I would be worried about the masa drying out.... but I wonder if you used fresh green corn husks instead of dried ones? It would be interesting to try.


----------



## chefrob (Aug 30, 2010)

i usually smoke a butt with a wet rub made from achiote paste,garlic,onions and cilantro...... after shredding i use the meat for tamales and tacos.


----------



## peixegato (Aug 31, 2010)

JIRodriguez said:


> I would be worried about the masa drying out.... but I wonder if you used fresh green corn husks instead of dried ones? It would be interesting to try.


Maybe you could sprtiz the husks with water during the smoke?  I think using fresh green corn husks would definitely help.  Maybe even soak them in water just before wrapping the tamales.  How long does the recipe say to leave them on the smoker?  How do you know when they are done?


----------



## chefrob (Aug 31, 2010)

normally tamales are steamed and a smoker is a dry environment so i don't think you can achieve the same product as in the traditional method. you might try to cook them on the stove and then put them on the smoker for an hour to finish them off maybe.


----------



## wntrlnd (Aug 31, 2010)

i really like chefrob's idea of using the pulled pork in tacos and tamales.

the idea of smoked tamales sort of echoes my thought process ever since my first successful smoke.  i can't look at food without thinking, hmmmm...could i smoke that?

when it's time to plan dinner, i'm thinking, hmmmmm...i bet there's a way to get some smoked ingredients in here somewhere. 

and every (non pet) exotic animal i see on TV, i'm certain it would be good on the smoker.  i always say to myself, there's probably already a dozen threads about smoking that on SMF!


----------



## scarbelly (Aug 31, 2010)

This is an interesting thread - I would love to have some smoke flavor in the masa but the risk of drying it out is too risky. I would agree with Rob that the smoked meat would be the way to go for sure - Let us know what you end up doing


----------



## peixegato (Aug 31, 2010)

I say give it a shot.  What do you have to lose?  Isn't experimenting part of the fun?


----------



## chefrob (Sep 1, 2010)

peixegato said:


> I say give it a shot.  What do you have to lose?  Isn't experimenting part of the fun?


you ever make tamales.........it is a labor intensive thing to do.


----------



## bpopovitz (Sep 1, 2010)

I say give it a try.  I've started a little side business, and though it goes against my own feelings I just know at some point someone would want a vegetarian offering and I think a bean / black bean tamale would be a great way to go.  I was going to try these in the next week or so, maybe I'll push up the date a bit.  Green corn husks sounds like a great idea.  Time to get cooking.


----------



## chefrob (Sep 1, 2010)

bpopovitz said:


> I just know at some point someone would want a vegetarian offering and I think a bean / black bean tamale would be a great way to go.

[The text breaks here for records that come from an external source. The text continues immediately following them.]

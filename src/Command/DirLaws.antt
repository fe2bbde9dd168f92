-- ===== src/Command/DirLaws.antt =====
-- What a listing of a directory holds.
use crab_rs.Prelude.{
  String, List, [], ◌∷◌, ◌++◌, map, append_assoc, append-nil, some, Result, ok, err, ◌≡◌, ◌↔◌, refl,
  sym, ap, ◌∙◌, arith, Option-cases, Result-cases, inl, inr,
}
use crab_rs.Command.Files.{FileSystem, DirItem, DirEntry, collect_entries, list_dir}

-- An entry of a directory that can be listed.
abbrev pub item_of : DirEntry → Result String DirItem
item_of e = ok (record { file_name = some e.name; is_dir = ok e.dir })

collect_entries-items :
    (es ret : List DirEntry) → collect_entries (map item_of es) ret ≡ ok (ret ++ es)
unfolding collect_entries
collect_entries-items [] ret = rw append-nil refl
collect_entries-items (e ∷ es) ret =
    collect_entries-items es (ret ++ e ∷ []) ∙ ap ok (append_assoc ret (e ∷ []) es)

first_item :
    (item : DirItem) (items : List (Result String DirItem)) (ret all : List DirEntry)
    → collect_entries (ok item ∷ items) ret ≡ ok all
    → (d : DirEntry) × (ok item ≡ item_of d) × (collect_entries items (ret ++ d ∷ []) ≡ ok all)
unfolding collect_entries
first_item item items ret all e = elim (Option-cases item.file_name) [
  | inl nameless ↦ ground arith
  | inr (n, e1) ↦ elim (Result-cases item.is_dir) [
    | inl (b, e2) ↦ (record { name = n; dir = b }, ground arith, ground arith)
    | inr (x, e2) ↦ ground arith
  ]
]

collect_entries-ok :
    (items : List (Result String DirItem)) (ret all : List DirEntry)
    → collect_entries items ret ≡ ok all
    → (es : List DirEntry) × (all ≡ ret ++ es) × (items ≡ map item_of es)
unfolding collect_entries
collect_entries-ok [] ret all e =
    let same : ret ≡ all = ground arith in ([], sym same ∙ sym (append-nil ret), refl)
collect_entries-ok (err x ∷ items) ret all e = cc
collect_entries-ok (ok item ∷ items) ret all e =
    let (d, same, rest) = first_item item items ret all e in
    let (es, joined, mapped) = collect_entries-ok items (ret ++ d ∷ []) all rest in
    (d ∷ es, joined ∙ append_assoc ret (d ∷ []) es, ground arith)

-- A listing of a directory that can be read succeeds with some entries just if the items of the
-- directory are these entries in their order, each with a Unicode name and a known type.
pub list_dir-item_of :
    {W : Type 0} (fs : FileSystem W) (path : String) (w w' : W)
    (items : List (Result String DirItem)) (es : List DirEntry)
    → fs.read_dir path w ≡ (ok items, w')
    → (list_dir fs path w ≡ (ok es, w')) ↔ (items ≡ map item_of es)
unfolding list_dir
list_dir-item_of fs path w w' items es e = rw e (
  λ h.
      let (es', joined, mapped) = collect_entries-ok items [] es (ap (λ p. p.0) h) in
      mapped ∙ ap (map item_of) (sym joined),
  λ h. ap (λ r. (r, w')) (ap (λ l. collect_entries l []) h ∙ collect_entries-items es []),
)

you could also do a sweet corn and green chilli with chz...........


----------



## jirodriguez (Sep 1, 2010)

bpopovitz said:


> I say give it a try.  I've started a little side business, and though it goes against my own feelings I just know at some point someone would want a vegetarian offering and I think a bean / black bean tamale would be a great way to go.  I was going to try these in the next week or so, maybe I'll push up the date a bit.  Green corn husks sounds like a great idea.  Time to get cooking.


Ooooh.... smoked black beans with some goot hot New Mexico green chili and cheese. That would be a great tamale!


----------



## bpopovitz (Sep 1, 2010)

Good idea Chef, Man this is going to be a fun weekend ( i have 3 days I should be able to pull it off....

 


chefrob said:


> you could also do a sweet corn and green chilli with chz...........


Johnny,

See now you've gone and done it.  I've got 3 tamales to make this weekend, of course maybe I just combine them all into one...


 


JIRodriguez said:


> Ooooh.... smoked black beans with some goot hot New Mexico green chili and cheese. That would be a great tamale!


Man, i love this place.... so many good cooks..  Maybe I can get these done and try to get some Q-view out there.


----------



## realtorterry (Sep 1, 2010)

I wait here for the qview


----------



## alelover (Sep 1, 2010)

wntrlnd said:


> and every (non pet) exotic animal i see on TV, i'm certain it would be good on the smoker.  i always say to myself, there's probably already a dozen threads about smoking that on SMF!


Mmmmmmmmm.Smoked meerkat anyone?


----------



## jirodriguez (Sep 1, 2010)

alelover said:


> Mmmmmmmmm.Smoked meerkat anyone?


I don't know if Squirrell would smoke a Meerkat or not.... might be a little to close on the family tree! Course if it held still long enough it might be tempting fate around here... lol.


----------



## richoso1 (Sep 1, 2010)

chefrob said:


> normally tamales are steamed and a smoker is a dry environment so i don't think you can achieve the same product as in the traditional method. you might try to cook them on the stove and then put them on the smoker for an hour to finish them off maybe.


I agree that the mas must be steamed to achieve the right texture and taste. If you were to try and smoke them after they are cooked, I would keep them spritzed so that the masa wouldn't dry out on you. It's all good my friend.


----------



## catndryer (Jul 13, 2013)

I've made alot of tamales the old fashioned way...but smoking is an interesting idea I'll have to try.

You can smoke with moisture.  It doesn't have to be a dry heat.

What you can't have is a heavy "steam" environment inside a smoker.

The fillings are pre-cooked.  Working it out is just a matter of experimentation to get the masa cooked through.


----------



## bama bbq (Jul 13, 2013)

You can steam foods in a WSM.  Possibly you can do this in your style cooker.  I've only ever used pulled pork sautéed in spices as filling in tamales - I steamed them once in the masa and corn husk.


----------



## burnt00 (Jan 3, 2017)

I know its an old thread but I just threw tamales on my smoker in foil for 45 minutes to warm up then grill at 375 for 15 minutes.  They were outstanding


----------